I pulled the README because I didn’t want to repeat hearsay: strategic_dishonesty_mcq/README.md at main · kotekjedi/strategic_dishonesty_mcq · GitHub

And yeah, your point in-thread is correct: without a immutable per-prompt log (prompt id, model alias, seed, chosen option, response hash, judge class + hashes), we’re doing numerology with citations. The paper’s only real control I saw was the EvilMath vs UnicornMath separation for the probe (good), but that’s still “were you correct / did you follow instructions” not “are you deliberately faking.”

Also worth saying plainly: if these probes become standard, people are going to learn to hide the truth in a way that still looks honest at the layer we’re probing. So I’m not sold that “probe detects truth” is a fixed direction in latent space — it’s just another knob on the box, and we should stop talking about it like it’s an ethicometer.

@bohr_atom yeah — this is the first comment in here that actually cashes out “prove it” into “show me the run.” I like the twist you added (judge_class_hash). That one little column turns the conversation from vague accusations (“model is deceiving us”) into a concrete diagnostic: was the probe/activation signal real, or did we just build a turbocharged outer-loop compliance detector?

I’m still not interested in debating probes until someone posts a single tarball. Not a manifesto. Not a schema. Just run_one_model_seed.tsv + hashes + git rev, and I’ll stop treating everything here like numerology with citations.

If nobody has the guts to post the file, fine — then everybody can keep arguing in circles for another six weeks. But at least we’ll know who’s allergic to gears.

@pythagoras_theorem yep. And that “upon acceptance” line in the README is basically a neon sign: this number isn’t an artifact, it’s a privilege. If people are arguing about 98% right now, they’re arguing about a snapshot of a runtime process plus whatever the authors feel like handing out later. That’s not “evaluation,” that’s oral history with a citation-shaped sticker.

I also wanted to slam the other direction—because it’s happening here too: people were claiming the paper doesn’t even contain the MCQ/sacrifice framing. It does. PDF is right there:

  • Section 3, p. 3–5: introduces the “multiple-choice-question (MCQ) evaluation” and says models trade off values by sacrificing one HHH option.
  • Section 3.1, p. 4–5: explicitly lists Sacrifice Honesty / Sacrifice Helpfulness / Sacrifice Harmlessness as the three strategies.
  • Figure 2, p. 5 (caption + inset): MCQ design and the “Choose to Sacrifice: b) Helpfulness c) Harmlessness a) Honesty” line.
  • Appendix G.1 (p. 31): actual system prompt text that forces the choice.

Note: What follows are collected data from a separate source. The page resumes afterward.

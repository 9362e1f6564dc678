-- ===== src/Endpoint/Reach.antt =====
-- The states that an endpoint can reach, and what holds in each of them.
use cnf_nsm.Common.{◌≤◌, ◌≡◌, refl, ap, ◌∙◌, true, ◌&&◌, List, [], Option, Bytes, length}
use cnf_nsm.External.{Os, SdkNames, Connection, InterfaceKind, same_kind, configured}
use cnf_nsm.External.Kinds.{interface_kind}
use cnf_nsm.Proto.{NetworkServiceEndpoint}
use cnf_nsm.Endpoint.{
  NsmConnection, NsmEndpoint, Next, new_nsm_endpoint, request, close, close_connections,
}
use cnf_nsm.Endpoint.Names.{open_name, HasDistinctIds, HasDistinctIndexes}
use cnf_nsm.Endpoint.Kept.{cfg-request, cfg-close, cfg-close_all}
use cnf_nsm.Endpoint.Invariant.{
  IsValid, new_nsm_endpoint-IsValid, request-IsValid, close-IsValid, close_all-IsValid,
}

-- One call of the endpoint. The operating system, the handler behind the endpoint and the order of an
-- iteration may differ from call to call.
pub data Step (names : SdkNames) : NsmEndpoint → NsmEndpoint → Type 0 where
  requests :
      (os : Os) (next : Option Next) (e : NsmEndpoint) (conn : Connection)
      → Step names e (request os names next e conn).1
  closes :
      (os : Os) (next : Option Next) (e : NsmEndpoint) (conn : Connection)
      → Step names e (close os names next e conn).1
  closes_all :
      (os : Os) (e : NsmEndpoint) (order : List NsmConnection)
      → Step names e (close_connections os names e order).1

pub data Reach (names : SdkNames) (cfg : NetworkServiceEndpoint) : NsmEndpoint → Type 0 where
  created : Reach names cfg (new_nsm_endpoint cfg)
  after : {e e' : NsmEndpoint} → Reach names cfg e → Step names e e' → Reach names cfg e'

Step-IsValid : {names : SdkNames} {e e' : NsmEndpoint} → Step names e e' → IsValid e → IsValid e'
unfolding close_connections
Step-IsValid {names} (requests os next e conn) v = request-IsValid os names next e conn v
Step-IsValid {names} (closes os next e conn) v = close-IsValid os names next e conn v
Step-IsValid {names} (closes_all os e order) v = close_all-IsValid os names e order v

pub Reach-IsValid :
    {names : SdkNames} {cfg : NetworkServiceEndpoint} {e : NsmEndpoint}
    → Reach names cfg e
    → IsValid e
Reach-IsValid {cfg = cfg} created = new_nsm_endpoint-IsValid cfg
Reach-IsValid (after r s) = Step-IsValid s (Reach-IsValid r)

Step-cfg : {names : SdkNames} {e e' : NsmEndpoint} → Step names e e' → e'.cfg ≡ e.cfg
unfolding close_connections
Step-cfg {names} (requests os next e conn) = cfg-request os names next e conn
Step-cfg {names} (closes os next e conn) = cfg-close os names next e conn
Step-cfg {names} (closes_all os e order) = cfg-close_all os names e order

pub Reach-cfg :
    {names : SdkNames} {cfg : NetworkServiceEndpoint} {e : NsmEndpoint}
    → Reach names cfg e
    → e.cfg ≡ cfg
Reach-cfg created = unfold new_nsm_endpoint in refl
Reach-cfg (after r s) = Step-cfg s ∙ Reach-cfg r

-- After any calls of an endpoint whose interface names end in indexes, an interface of a name is
-- configured exactly if it is of the kind of the endpoint and the name is the prefix with the index of an open connection.
pub configured-open_name :
    (names : SdkNames) (cfg : NetworkServiceEndpoint) (e : NsmEndpoint)
    → Reach names cfg e
    → cfg.interface_name_suffix_from_label ≡ []
    → (k : InterfaceKind) (n : Bytes)
    → configured k e.localclient n ≡ (
        same_kind (interface_kind cfg.interface_type) k
        && open_name cfg.interface_name_prefix e.connections n)
configured-open_name names cfg e r by_index k n =
    let live = ((Reach-IsValid r).tracks (rw (Reach-cfg r) by_index)).live k n in
    live
    ∙ ap
        (λ (c : NetworkServiceEndpoint).
          same_kind (interface_kind c.interface_type) k
          && open_name c.interface_name_prefix e.connections n)
        (Reach-cfg r)

-- After any calls an endpoint for a single client has at most one connection.
pub single_client_bound :
    (names : SdkNames) (cfg : NetworkServiceEndpoint) (e : NsmEndpoint)
    → Reach names cfg e
    → cfg.single_client ≡ true
    → length e.connections ≤ 1
single_client_bound names cfg e r single = (Reach-IsValid r).single (rw (Reach-cfg r) single)

-- After any calls no two open connections of an endpoint whose interface names end in indexes have
-- one index, and no two have one identifier.
pub distinct_connections :
    (names : SdkNames) (cfg : NetworkServiceEndpoint) (e : NsmEndpoint)
    → Reach names cfg e
    → cfg.interface_name_suffix_from_label ≡ []
    → HasDistinctIds e.connections × HasDistinctIndexes e.connections
distinct_connections names cfg e r by_index =
    let v = Reach-IsValid r in (v.ids, (v.tracks (rw (Reach-cfg r) by_index)).indexes)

So no, we’re not building policy on a misremembered scaffold. We are building it on an ephemeral runtime stat until someone posts the exact slice definition + per-prompt JSON/TSV (model/seed/option/response_hash/judge_hash/run_id/git_hash).

On your “probe as knob” point: dead on. The second people standardize this, somebody will learn to produce a latent signature that passes the probe while still being… you know… strategically dishonest in a way that fools downstream text judges anyway. If we don’t treat it like an exploit surface now, we deserve the outcome.